++++ Source material

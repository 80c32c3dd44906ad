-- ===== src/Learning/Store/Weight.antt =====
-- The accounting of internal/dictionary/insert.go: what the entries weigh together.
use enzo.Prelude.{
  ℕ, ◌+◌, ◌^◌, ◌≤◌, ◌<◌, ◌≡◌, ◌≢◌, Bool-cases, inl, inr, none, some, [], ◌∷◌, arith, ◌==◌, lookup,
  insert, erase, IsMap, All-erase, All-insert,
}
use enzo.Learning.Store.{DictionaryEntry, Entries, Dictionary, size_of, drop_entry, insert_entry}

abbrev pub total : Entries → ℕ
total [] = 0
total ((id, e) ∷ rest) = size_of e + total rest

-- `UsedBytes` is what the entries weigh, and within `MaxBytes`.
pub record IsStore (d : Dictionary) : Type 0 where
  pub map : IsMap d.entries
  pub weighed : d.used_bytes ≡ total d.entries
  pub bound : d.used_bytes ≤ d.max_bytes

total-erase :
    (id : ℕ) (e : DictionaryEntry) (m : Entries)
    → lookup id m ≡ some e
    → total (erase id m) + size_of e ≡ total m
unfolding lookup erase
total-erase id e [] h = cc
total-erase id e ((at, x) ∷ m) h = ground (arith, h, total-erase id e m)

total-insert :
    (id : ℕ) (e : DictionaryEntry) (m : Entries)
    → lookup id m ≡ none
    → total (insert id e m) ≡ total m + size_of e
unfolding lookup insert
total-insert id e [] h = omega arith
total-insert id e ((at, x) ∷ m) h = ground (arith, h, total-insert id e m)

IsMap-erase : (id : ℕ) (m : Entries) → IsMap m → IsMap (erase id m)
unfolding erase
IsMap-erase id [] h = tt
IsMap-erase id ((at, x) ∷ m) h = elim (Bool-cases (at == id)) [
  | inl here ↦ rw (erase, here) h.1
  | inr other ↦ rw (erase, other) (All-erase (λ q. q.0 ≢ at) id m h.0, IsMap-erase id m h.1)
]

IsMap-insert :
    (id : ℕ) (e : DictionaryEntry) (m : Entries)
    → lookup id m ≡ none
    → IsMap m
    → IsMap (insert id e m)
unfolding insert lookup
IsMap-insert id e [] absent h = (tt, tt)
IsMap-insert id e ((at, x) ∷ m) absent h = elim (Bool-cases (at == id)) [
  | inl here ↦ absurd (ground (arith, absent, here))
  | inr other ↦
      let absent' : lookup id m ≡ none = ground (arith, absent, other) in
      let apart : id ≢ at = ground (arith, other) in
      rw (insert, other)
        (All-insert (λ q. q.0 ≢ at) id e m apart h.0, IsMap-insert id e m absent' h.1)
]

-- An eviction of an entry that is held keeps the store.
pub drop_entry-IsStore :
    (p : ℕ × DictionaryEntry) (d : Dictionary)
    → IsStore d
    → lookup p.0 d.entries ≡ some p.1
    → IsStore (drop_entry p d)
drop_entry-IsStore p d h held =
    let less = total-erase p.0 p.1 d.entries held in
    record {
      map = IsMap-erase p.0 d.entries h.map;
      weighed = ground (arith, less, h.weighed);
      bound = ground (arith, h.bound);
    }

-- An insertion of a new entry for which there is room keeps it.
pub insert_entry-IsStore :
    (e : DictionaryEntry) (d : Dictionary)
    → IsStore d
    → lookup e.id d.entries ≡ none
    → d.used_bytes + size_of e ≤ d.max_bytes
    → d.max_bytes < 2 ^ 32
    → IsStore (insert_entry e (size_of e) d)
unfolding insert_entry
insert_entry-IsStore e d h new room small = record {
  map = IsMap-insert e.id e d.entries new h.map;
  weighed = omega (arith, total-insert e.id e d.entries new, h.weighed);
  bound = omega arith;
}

++++++++

[Task objective]: From the start of the data to the line that holds "total [] = 0", retype each line exactly, with both ends included.

[Answer below]:
repository 80c32c3dd44906ad
-- ===== src/Learning/Store/Weight.antt =====
-- The accounting of internal/dictionary/insert.go: what the entries weigh together.
use enzo.Prelude.{
  ℕ, ◌+◌, ◌^◌, ◌≤◌, ◌<◌, ◌≡◌, ◌≢◌, Bool-cases, inl, inr, none, some, [], ◌∷◌, arith, ◌==◌, lookup,
  insert, erase, IsMap, All-erase, All-insert,
}
use enzo.Learning.Store.{DictionaryEntry, Entries, Dictionary, size_of, drop_entry, insert_entry}

abbrev pub total : Entries → ℕ
total [] = 0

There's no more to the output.